Online Disease Communities are Here to Stay. What makes them so unique?

Sickness has historically been an isolating experience. Contagious illness was often quarantined. Social stigma led to the ill being ostracized. The inability to work depleted economic resources and disrupted socio-economic support networks. Illness also limited the ability of many to be physically present in the community.

Non-profits and advocacy groups have helped remedy many of these situations, especially by connecting those with acute and chronic illnesses to one another. But today, more than ever before, that connection has gone digital. These communities remain very different from in-person networks. And as they have taken a central role in facilitating discussions about diagnosis and treatment, it’s more important than ever that we understand what sets them apart.

The boundaries of digital disease communities are porous and elastic. Labels like neurodiverse have grown over the last few years from autism spectrum disorders to include ADHD, ADD, and more. Thus, group definitions can expand or shrink in scope (elasticity) based on a communal definition of a label, but some may include or exclude themselves (porousness) based on that label.

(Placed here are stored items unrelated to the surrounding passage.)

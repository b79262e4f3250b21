-- ===== src/Rtu/Success.antt =====
-- The transport of src/rtu.rs on a port at whose other end somebody answers: every call returns.
use modbus_bridge_rs.Base.{
  ℕ, zero, suc, ◌+◌, ◌-◌, ◌≤◌, ◌<◌, ◌≡◌, refl, sym, ap, ◌∙◌, List, [], ◌∷◌, ◌++◌, arith, length,
  take, drop, take-append-drop, append-take-drop, length-append, length-drop, length-take, le→ltb,
  lt→ltb, get_or,
}
use mathlib.Core.List.{append_assoc, append-nil}
use modbus_bridge_rs.Base.Outcome.{done, Exec, ◌>>=◌}
use modbus_bridge_rs.Base.Runs.{Runs, Runs-bind}
use modbus_bridge_rs.Heapless.{Heapless, IsHeapless}
use modbus_bridge_rs.Io.{Io, IsIo, Traffic}
use modbus_bridge_rs.Io.Responsive.{IsResponsive, Faces, read_part-runs}
use modbus_bridge_rs.Rtu.{RtuError, after_read, read_exact_loop, read_exact, or_push, read_bytes}

module _ {S E : Type 0} {io : Io S E} {t : Traffic S} {script : S → List ℕ → List ℕ}
    (lawful : IsIo io t) (live : IsResponsive io t script) (says : List ℕ → List ℕ) where
  -- One answer of the port, then the rest of the loop.
  after_read-runs :
      (rest : List ℕ → ℕ → Exec S (RtuError E) (List ℕ)) (len attempt b k : ℕ)
      (out inn buf w more : List ℕ) (s s' : S)
      → ((buf' w' inn' : List ℕ) (s'' : S)
          → length buf' + length w' ≡ len
          → length w' ≤ length w
          → Faces lawful live says out inn' s''
          → says out ≡ inn' ++ (w' ++ more)
          → Runs (rest buf' attempt) s'' (buf' ++ w') (Faces lawful live says out (inn' ++ w')))
      → length buf + suc (length w) ≡ len
      → k ≤ length w
      → io.read (len - length buf) s ≡ (done (b ∷ take k w), s')
      → Faces lawful live says out (inn ++ (b ∷ take k w)) s'
      → says out ≡ inn ++ (b ∷ (w ++ more))
      → Runs
          (λ u.
            after_read io rest buf attempt
              (io.read (len - length buf) u).0
              (io.read (len - length buf) u).1)
          s
          (buf ++ (b ∷ w))
          (Faces lawful live says out (inn ++ (b ∷ w)))
  after_read-runs rest len attempt b k out inn buf w more s s' runs size small gives a e =
      let (s'', goes, a') =
        rw (append-take-drop buf b k w, append-take-drop inn b k w) at
          (runs (buf ++ (b ∷ take k w)) (drop k w) (inn ++ (b ∷ take k w)) s'
            (omega (arith, length-append buf (b ∷ take k w), length-take k w, length-drop k w))
            (omega (arith, length-drop k w)) a
            (e
              ∙ ap (λ l. inn ++ (b ∷ (l ++ more))) (sym (take-append-drop k w))
              ∙ ap (λ l. inn ++ (b ∷ l)) (append_assoc (take k w) (drop k w) more)
              ∙ sym (append_assoc inn (b ∷ take k w) (drop k w ++ more)))) in
      (s'', ap (λ r. after_read io rest buf attempt r.0 r.1) gives ∙ goes, a')

  read_exact_loop-runs :
      (fuel len attempt : ℕ) (out inn buf w more : List ℕ) (s : S)
      → length buf + length w ≡ len
      → length w < fuel
      → Faces lawful live says out inn s
      → says out ≡ inn ++ (w ++ more)
      → Runs
          (read_exact_loop io fuel len buf attempt)
          s
          (buf ++ w)
          (Faces lawful live says out (inn ++ w))
  unfolding read_exact_loop
  read_exact_loop-runs zero len attempt out inn buf w more s size h a e = absurd (omega arith)
  read_exact_loop-runs (suc fuel) len attempt out inn buf [] more s size h a e =
      rw (le→ltb (length buf) len (omega arith)) (s, rw append-nil, rw append-nil a)
  read_exact_loop-runs (suc fuel) len attempt out inn buf (b ∷ w) more s size h a e =
      let (k, small, (s', gives, a')) =
        read_part-runs lawful live says out inn b w more (len - length buf) s (omega arith) a e in
      rw (lt→ltb (length buf) len (omega arith)) (
        after_read-runs (read_exact_loop io fuel len) len attempt b k out inn buf w more s s'
          (λ buf' w' inn' u size' short a'' e'.
            read_exact_loop-runs fuel len attempt out inn' buf' w' more u size' (omega arith) a''
              e')
          size small gives a' e)

  -- The next `len` bytes, however the port parts them.
  pub read_exact-runs :
      (len : ℕ) (out inn w more : List ℕ) (s : S)
      → length w ≡ len
      → Faces lawful live says out inn s
      → says out ≡ inn ++ (w ++ more)
      → Runs (read_exact io len) s w (Faces lawful live says out (inn ++ w))
  unfolding read_exact
  read_exact-runs len out inn w more s size =
      read_exact_loop-runs (len + 11) len 1 out inn [] w more s (omega arith) (omega arith)

  module _ {h : Heapless} (vec : IsHeapless h) where
    -- The next bytes, one at a time.
    pub read_bytes-runs :
        (cap n : ℕ) (out inn v w more : List ℕ) (s : S)
        → length w ≡ n
        → length v + n ≤ cap
        → Faces lawful live says out inn s
        → says out ≡ inn ++ (w ++ more)
        → Runs (read_bytes h io cap n v) s (v ++ w) (Faces lawful live says out (inn ++ w))
    unfolding read_bytes
    read_bytes-runs cap zero out inn v [] more s size fits a e = (s, rw append-nil, rw append-nil a)
    read_bytes-runs cap zero out inn v (b ∷ w) more s size fits a e = absurd (omega arith)
    read_bytes-runs cap (suc n) out inn v [] more s size fits a e = absurd (omega arith)
    read_bytes-runs cap (suc n) out inn v (b ∷ w) more s size fits a e =
        Runs-bind (read_exact io 1)
          (λ byte. or_push h io (h.push cap (get_or byte 0 0) v) >>= λ v'. read_bytes h io cap n v')
          s (b ∷ []) (v ++ (b ∷ w)) (Faces lawful live says out (inn ++ (b ∷ [])))
          (Faces lawful live says out (inn ++ (b ∷ w)))
          (read_exact-runs 1 out inn (b ∷ []) (w ++ more) s refl a e)
          (λ s' a'. rw (vec.push_fits cap b v (omega arith)) (
            rw (append_assoc v (b ∷ []) w, append_assoc inn (b ∷ []) w) at
              (read_bytes-runs cap n out (inn ++ (b ∷ [])) (v ++ (b ∷ [])) w more s' (omega arith)
                (omega (arith, length-append v (b ∷ []))) a'
                (e ∙ sym (append_assoc inn (b ∷ []) (w ++ more))))))
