-- ===== src/Rtu/Replies.antt =====
-- `listen`, `receive`, `send` and `send_and_receive` of src/rtu.rs on a port at whose other end
-- somebody answers: they return the frame that is there, and send the one that they are given.
use modbus_bridge_rs.Base.{
  ℕ, ◌+◌, ◌≤◌, ◌≡◌, refl, sym, ◌∙◌, List, [], ◌∷◌, ◌++◌, arith, ◌==◌, ◌||◌, true, false, length,
  get_or, inl, inr, Bool-cases,
}
use mathlib.Core.List.{append_assoc}
use modbus_bridge_rs.Base.Outcome.{ok}
use modbus_bridge_rs.Base.Runs.{Runs, Runs-bind}
use modbus_bridge_rs.Heapless.{Heapless, IsHeapless}
use modbus_bridge_rs.Frame.{check_crc, rtu_response_remaining, response_cap}
use modbus_bridge_rs.Io.{Io, IsIo, Traffic}
use modbus_bridge_rs.Io.Responsive.{IsResponsive, Faces}
use modbus_bridge_rs.Rtu.{
  rtu_buf, read_exact, read_bytes, receive, listen, listen_data, listen_fixed,
}
use modbus_bridge_rs.Rtu.Frames.{
  request_length, response_length, response_length_low, response_length_remaining,
}
use modbus_bridge_rs.Rtu.Success.{read_exact-runs, read_bytes-runs}

-- A response on the bus: a valid CRC and the length that the code and the byte count state.
abbrev pub IsResponseAdu : List ℕ → Type 0
IsResponseAdu resp =
    (check_crc resp ≡ ok tt) × (length resp ≡ response_length resp) × (length resp ≤ 260)

-- A request on the bus: a valid CRC and the length that the code and the byte count state.
abbrev pub IsRequestAdu : List ℕ → Type 0
IsRequestAdu req =
    (check_crc req ≡ ok tt) × (length req ≡ request_length req) × (length req ≤ rtu_buf)

module _ {S E : Type 0} {io : Io S E} {t : Traffic S} {script : S → List ℕ → List ℕ}
    (lawful : IsIo io t) (live : IsResponsive io t script) (says : List ℕ → List ℕ) {h : Heapless}
    (vec : IsHeapless h) where
  receive_frame :
      (a b c : ℕ) (out inn k more : List ℕ) (s : S)
      → length k ≡ rtu_response_remaining a b c
      → 3 + length k ≤ response_cap
      → check_crc (a ∷ b ∷ c ∷ k) ≡ ok tt
      → Faces lawful live says out inn s
      → says out ≡ inn ++ ((a ∷ b ∷ c ∷ k) ++ more)
      → Runs (receive h io) s (a ∷ b ∷ c ∷ k) (Faces lawful live says out (inn ++ (a ∷ b ∷ c ∷ k)))
  unfolding receive
  receive_frame a b c out inn k more s size fits valid f e =
      let header : List ℕ = a ∷ b ∷ c ∷ [] in
      let resp : List ℕ = a ∷ b ∷ c ∷ k in
      Runs-bind (read_exact io 3) _ s header resp (Faces lawful live says out (inn ++ header))
        (Faces lawful live says out (inn ++ resp))
        (read_exact-runs lawful live says 3 out inn header (k ++ more) s refl f e)
        (λ s' f'. rw (vec.extend_fits response_cap header [] (omega arith)) (
          Runs-bind (read_bytes h io response_cap (rtu_response_remaining a b c) header) _ s' resp
            resp (Faces lawful live says out (inn ++ header ++ k))
            (Faces lawful live says out (inn ++ resp))
            (read_bytes-runs lawful live says vec response_cap (rtu_response_remaining a b c) out
              (inn ++ header) header k more s' size (omega arith) f'
              (e ∙ sym (append_assoc inn header (k ++ more))))
            (λ s'' f''. rw valid (s'', refl, rw (append_assoc inn header k) at f''))))

  -- A response of the length that its header states and with a valid CRC.
  pub receive-runs :
      (out inn resp more : List ℕ) (s : S)
      → check_crc resp ≡ ok tt
      → length resp ≡ response_length resp
      → length resp ≤ response_cap
      → Faces lawful live says out inn s
      → says out ≡ inn ++ (resp ++ more)
      → Runs (receive h io) s resp (Faces lawful live says out (inn ++ resp))
  receive-runs out inn [] more s valid size fits =
      absurd (omega (arith, size, response_length_low []))
  receive-runs out inn (a ∷ []) more s valid size fits =
      absurd (omega (arith, size, response_length_low (a ∷ [])))
  receive-runs out inn (a ∷ b ∷ []) more s valid size fits =
      absurd (omega (arith, size, response_length_low (a ∷ b ∷ [])))
  receive-runs out inn (a ∷ b ∷ c ∷ k) more s valid size fits =
      receive_frame a b c out inn k more s (omega (arith, size ∙ response_length_remaining a b c k))
        (omega arith) valid

  listen_plain :
      (a b : ℕ) (out inn rest more : List ℕ) (s : S)
      → (b == 0x0F || b == 0x10) ≡ false
      → length rest ≡ 6
      → check_crc (a ∷ b ∷ rest) ≡ ok tt
      → Faces lawful live says out inn s
      → says out ≡ inn ++ ((a ∷ b ∷ rest) ++ more)
      → Runs (listen h io) s (a ∷ b ∷ rest) (Faces lawful live says out (inn ++ (a ∷ b ∷ rest)))
  unfolding listen
  listen_plain a b out inn rest more s plain six valid f e =
      let hdr : List ℕ = a ∷ b ∷ [] in
      let req : List ℕ = a ∷ b ∷ rest in
      Runs-bind (read_exact io 2) _ s hdr req (Faces lawful live says out (inn ++ hdr))
        (Faces lawful live says out (inn ++ req))
        (read_exact-runs lawful live says 2 out inn hdr (rest ++ more) s refl f e)
        (λ s' f'.
          rw (vec.extend_fits rtu_buf hdr [] (omega arith), plain)
            (Runs-bind (listen_fixed h io hdr) _ s' req req
              (Faces lawful live says out (inn ++ hdr ++ rest))
              (Faces lawful live says out (inn ++ req))
              (Runs-bind (read_exact io 6) _ s' rest req
                (Faces lawful live says out (inn ++ hdr ++ rest))
                (Faces lawful live says out (inn ++ hdr ++ rest))
                (read_exact-runs lawful live says 6 out (inn ++ hdr) rest more s' six f'
                  (e ∙ sym (append_assoc inn hdr (rest ++ more))))
                (λ u g. rw (vec.extend_fits rtu_buf rest hdr (omega arith)) (u, refl, g)))
              (λ u g. rw valid (u, refl, rw (append_assoc inn hdr rest) at g))))

  listen_multiple :
      (a b c d x y n : ℕ) (out inn k more : List ℕ) (s : S)
      → (b == 0x0F || b == 0x10) ≡ true
      → length k ≡ n + 2
      → 7 + length k ≤ rtu_buf
      → check_crc (a ∷ b ∷ c ∷ d ∷ x ∷ y ∷ n ∷ k) ≡ ok tt
      → Faces lawful live says out inn s
      → says out ≡ inn ++ ((a ∷ b ∷ c ∷ d ∷ x ∷ y ∷ n ∷ k) ++ more)
      → Runs
          (listen h io)
          s
          (a ∷ b ∷ c ∷ d ∷ x ∷ y ∷ n ∷ k)
          (Faces lawful live says out (inn ++ (a ∷ b ∷ c ∷ d ∷ x ∷ y ∷ n ∷ k)))
  unfolding listen
  listen_multiple a b c d x y n out inn k more s multiple size fits valid f e =
      let hdr : List ℕ = a ∷ b ∷ [] in
      let fixed : List ℕ = c ∷ d ∷ x ∷ y ∷ n ∷ [] in
      let head : List ℕ = a ∷ b ∷ c ∷ d ∷ x ∷ y ∷ n ∷ [] in
      let req : List ℕ = a ∷ b ∷ c ∷ d ∷ x ∷ y ∷ n ∷ k in
      Runs-bind (read_exact io 2) _ s hdr req (Faces lawful live says out (inn ++ hdr))
        (Faces lawful live says out (inn ++ req))
        (read_exact-runs lawful live says 2 out inn hdr (fixed ++ k ++ more) s refl f e)
        (λ s' f'.
          rw (vec.extend_fits rtu_buf hdr [] (omega arith), multiple)
            (Runs-bind (listen_data h io hdr) _ s' req req
              (Faces lawful live says out (inn ++ head ++ k))
              (Faces lawful live says out (inn ++ req))
              (Runs-bind (read_exact io 5) _ s' fixed req
                (Faces lawful live says out (inn ++ hdr ++ fixed))
                (Faces lawful live says out (inn ++ head ++ k))
                (read_exact-runs lawful live says 5 out (inn ++ hdr) fixed (k ++ more) s' refl f'
                  (e ∙ sym (append_assoc inn hdr (fixed ++ k ++ more))))
                (λ u g. rw (vec.extend_fits rtu_buf fixed hdr (omega arith)) (
                  read_bytes-runs lawful live says vec rtu_buf (n + 2) out (inn ++ head) head k more
                    u size (omega arith) (rw (append_assoc inn hdr fixed) at g)
                    (e ∙ sym (append_assoc inn head (k ++ more))))))
              (λ u g. rw valid (u, refl, rw (append_assoc inn head k) at g))))

  -- A request of the length that its code and its byte count state and with a valid CRC.
  pub listen-runs :
      (out inn req more : List ℕ) (s : S)
      → check_crc req ≡ ok tt
      → length req ≡ request_length req
      → length req ≤ rtu_buf
      → Faces lawful live says out inn s
      → says out ≡ inn ++ (req ++ more)
      → Runs (listen h io) s req (Faces lawful live says out (inn ++ req))
  listen-runs out inn req more s valid size fits =
      elim (Bool-cases (get_or req 1 0 == 0x0F || get_or req 1 0 == 0x10)) [
        | inl multiple ↦ by_data req multiple (rw multiple at size) fits valid
        | inr plain ↦ by_code req plain (rw plain at size) valid
      ]
    where
      by_code :
          (req : List ℕ)
          → (get_or req 1 0 == 0x0F || get_or req 1 0 == 0x10) ≡ false
          → length req ≡ 8
          → check_crc req ≡ ok tt
          → Faces lawful live says out inn s
          → says out ≡ inn ++ (req ++ more)
          → Runs (listen h io) s req (Faces lawful live says out (inn ++ req))
      by_code [] plain size valid = absurd (omega arith)
      by_code (a ∷ []) plain size valid = absurd (omega arith)
      by_code (a ∷ b ∷ rest) plain size valid =
          listen_plain a b out inn rest more s plain (omega arith) valid

      by_data :
          (req : List ℕ)
          → (get_or req 1 0 == 0x0F || get_or req 1 0 == 0x10) ≡ true
          → length req ≡ 9 + get_or req 6 0
          → length req ≤ rtu_buf
          → check_crc req ≡ ok tt
          → Faces lawful live says out inn s
          → says out ≡ inn ++ (req ++ more)
          → Runs (listen h io) s req (Faces lawful live says out (inn ++ req))
      by_data [] m size fits valid = absurd (omega arith)
      by_data (a ∷ []) m size fits valid = absurd (omega arith)
      by_data (a ∷ b ∷ []) m size fits valid = absurd (omega arith)
      by_data (a ∷ b ∷ c ∷ []) m size fits valid = absurd (omega arith)
      by_data (a ∷ b ∷ c ∷ d ∷ []) m size fits valid = absurd (omega arith)
      by_data (a ∷ b ∷ c ∷ d ∷ x ∷ []) m size fits valid = absurd (omega arith)
      by_data (a ∷ b ∷ c ∷ d ∷ x ∷ y ∷ []) m size fits valid = absurd (omega arith)
      by_data (a ∷ b ∷ c ∷ d ∷ x ∷ y ∷ n ∷ k) m size fits valid =
          listen_multiple a b c d x y n out inn k more s m (omega arith) (omega arith) valid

They may include more than just the ill party. Spouses might be looking to support their wife or husband on their cancer journey. A child might be helping parents through a health crisis. An entire family might be navigating rare disease. Caregivers can be extended relations or friends. In any case, a proportion of participants and onlookers in digital communities will be allied to but not necessarily stricken with illness.

The degree of anonymity is relative to the platform. Message boards or Reddit offer rich insight into disease communities but anonymity curtails some of it’s usefulness. At the same time, Instagram or Facebook might tell us much about the individual, but can limit discussion topics since they are personally identifiable. Understanding how the platform shapes participation is key to understanding the broader shape of the community.  

Disease discussions are largely call and response. New patients come in and ask questions that give experienced members of the community the opportunity to share their experiences and advice. This in turn can impact how those new to communities navigate their illness – from the type of doctor they seek (“go see a specialist”) to the treatments they wish to consider.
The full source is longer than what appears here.